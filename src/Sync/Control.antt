-- ===== src/Sync/Control.antt =====
-- sync_control.py: the run register and its maintenance, as functions on the committed database.
-- `clock` is what `utcnow` reads in the call. A query is `select` and `order_by` over the rows.
pub mod Retention
use yclients_project.Prelude.{
  ℕ, ◌+◌, ◌≡◌, Bool, true, false, not, ◌&&◌, Option, none, some, List, [], ◌∷◌, map, ◌++◌, arith,
  ltb, leb, ◌==◌, if◌then◌else◌, length, elem,
}
use yclients_project.Prelude.Rows.{select, delete_where, update_where, order_by, first}
use yclients_project.Prelude.Text.{Text, codes}
use yclients_project.Sync.Tables.{
  Db, SyncJob, SyncRun, RunStatus, run_is_running, run_is_success, days, is_older, is_running,
}
use yclients_project.Sync.Parsing.{DateTimeText, datetime, naive}
use yclients_project.Sync.State.{set_state, run_if_due, get_state_value, now_or}

abbrev pub run_retention_key : Text
run_retention_key = codes "last_run_retention_at"

abbrev pub report_usage_retention_key : Text
report_usage_retention_key = codes "last_report_usage_retention_at"

abbrev pub unscoped_success_key : Text
unscoped_success_key = codes "last_unscoped_sync_at"

abbrev pub successful_sync_key : Text
successful_sync_key = codes "last_successful_sync_at"

-- ORDER BY id DESC
abbrev pub run_newer : SyncRun → SyncRun → Bool
run_newer a b = leb b.id a.id

unfoldable pub get_latest_run : Db → Option SyncRun
get_latest_run db = first (order_by run_newer db.runs)

unfoldable pub get_running_run : Db → Option SyncRun
get_running_run db = first (order_by run_newer (select (λ run. run_is_running run.status) db.runs))

abbrev pub abandon : ℕ → SyncRun → SyncRun
abandon clock run = record run {
  status = RunStatus.abandoned;
  finished_at = some clock;
  message = some (codes "Run marked as abandoned: its process no longer holds the sync lock");
}

unfoldable pub cleanup_stale_runs : ℕ → Db → Db × ℕ
cleanup_stale_runs clock db = (
  record db { runs = update_where (λ run. run_is_running run.status) (abandon clock) db.runs },
  length (select (λ run. run_is_running run.status) db.runs),
)

-- `stale.filter(SyncRun.id != latest_id)`, or no filter when there is no run at all.
abbrev pub is_not_latest : Option SyncRun → SyncRun → Bool
is_not_latest none run = true
is_not_latest (some latest) run = not (run.id == latest.id)

abbrev pub is_stale_run : ℕ → ℕ → Option SyncRun → SyncRun → Bool
is_stale_run retention_days now latest run =
    not (run_is_running run.status)
    && is_older run.started_at (days retention_days) now
    && is_not_latest latest run

unfoldable pub stale_run_ids : ℕ → ℕ → Db → List ℕ
unfolding get_latest_run
stale_run_ids retention_days now db =
    map (λ run. run.id) (select (is_stale_run retention_days now (get_latest_run db)) db.runs)

abbrev pub names_run : List ℕ → SyncJob → Bool
names_run ids job = elim job.run_id [ none ↦ false | some run_id ↦ elem run_id ids ]

-- The sweep's result: how many runs it deleted, and the log paths that `remove_run_logs` is given.
pub record Purged : Type 0 where
  pub deleted : ℕ
  pub log_paths : List Text

-- `retention_days <= 0` disables the sweep; a negative setting is a 0 here.
unfoldable pub purge_old_runs : ℕ → Option ℕ → ℕ → Db → Db × Purged
unfolding stale_run_ids
purge_old_runs retention_days now clock db =
    if leb retention_days 0
    then (db, record { deleted = 0; log_paths = [] })
    else (let ids = stale_run_ids retention_days (now_or now clock) db in
        let stale = select (λ run. elem run.id ids) db.runs in
        (
          record db {
            jobs = update_where (names_run ids) (λ job. record job { run_id = none }) db.jobs;
            runs = delete_where (λ run. elem run.id ids) db.runs;
          },
          record { deleted = length stale; log_paths = map (λ run. run.log_path) stale },
        ))

unfoldable pub purge_old_report_usage : ℕ → Option ℕ → ℕ → Db → Db × ℕ
purge_old_report_usage retention_days now clock db =
    if leb retention_days 0
    then (db, 0)
    else (let expired =
          λ (created_at : ℕ). is_older created_at (days retention_days) (now_or now clock) in
        (
          record db { usage_events = delete_where expired db.usage_events },
          length (select expired db.usage_events),
        ))

abbrev pub new_run : ℕ → ℕ → Text → Text → Text → Text → SyncRun
new_run id clock mode trigger_type initiator log_path = record {
  id = id;
  trigger_type = trigger_type;
  mode = mode;
  status = RunStatus.running;
  initiator = initiator;
  started_at = clock;
  finished_at = none;
  log_path = log_path;
  message = none;
}

unfoldable pub create_run : ℕ → Text → Text → Text → Text → Db → Db × SyncRun
create_run clock mode trigger_type initiator log_path db =
    let run = new_run db.next_run_id clock mode trigger_type initiator log_path in
    (record db { runs = db.runs ++ run ∷ []; next_run_id = db.next_run_id + 1 }, run)

module _ (py : DateTimeText) where
  -- `run_id` is the id of the run object that the caller holds.
  unfoldable pub finish_run : ℕ → ℕ → RunStatus → Text → Bool → Db → Db
  finish_run clock run_id status message scoped db =
      let closed : Db = record db {
        runs =
            update_where (λ run. run.id == run_id)
              (λ run. record run {
                status = status;
                finished_at = some clock;
                message = some message;
              })
              db.runs;
      } in
      let synced = set_state py successful_sync_key (datetime (naive clock)) clock closed in
      if run_is_success status
      then (if scoped
          then synced
          else set_state py unscoped_success_key (datetime (naive clock)) clock synced)
      else closed

  unfoldable pub purge_old_runs_if_due : ℕ → ℕ → Option ℕ → ℕ → Db → Db × Option Purged
  purge_old_runs_if_due retention_days interval_hours now clock db =
      run_if_due py run_retention_key interval_hours now clock
        (λ moment. purge_old_runs retention_days (some moment) clock) db

  unfoldable pub purge_old_report_usage_if_due : ℕ → ℕ → Option ℕ → ℕ → Db → Db × Option ℕ
  purge_old_report_usage_if_due retention_days interval_hours now clock db =
      run_if_due py report_usage_retention_key interval_hours now clock
        (λ moment. purge_old_report_usage retention_days (some moment) clock) db

pub record StatusPayload : Type 0 where
  pub running : Bool
  pub current_run : Option SyncRun
  pub last_run : Option SyncRun
  pub last_successful_sync_at : Option Text

abbrev pub is_present : Option SyncRun → Bool
is_present none = false
is_present (some run) = true

unfoldable pub get_status_payload : Db → StatusPayload
unfolding get_running_run get_latest_run
get_status_payload db = record {
  running = is_present (get_running_run db);
  current_run = get_running_run db;
  last_run = get_latest_run db;
  last_successful_sync_at = get_state_value successful_sync_key db.states;
}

..............................

Give back, word for word, only the lines above from the line holding "abbrev pub is_stale_run" to the line holding "abbrev pub names_run", both included.

abbrev pub is_stale_run : ℕ → ℕ → Option SyncRun → SyncRun → Bool
is_stale_run retention_days now latest run =
    not (run_is_running run.status)
    && is_older run.started_at (days retention_days) now
    && is_not_latest latest run

unfoldable pub stale_run_ids : ℕ → ℕ → Db → List ℕ
unfolding get_latest_run
stale_run_ids retention_days now db =
    map (λ run. run.id) (select (is_stale_run retention_days now (get_latest_run db)) db.runs)

abbrev pub names_run : List ℕ → SyncJob → Bool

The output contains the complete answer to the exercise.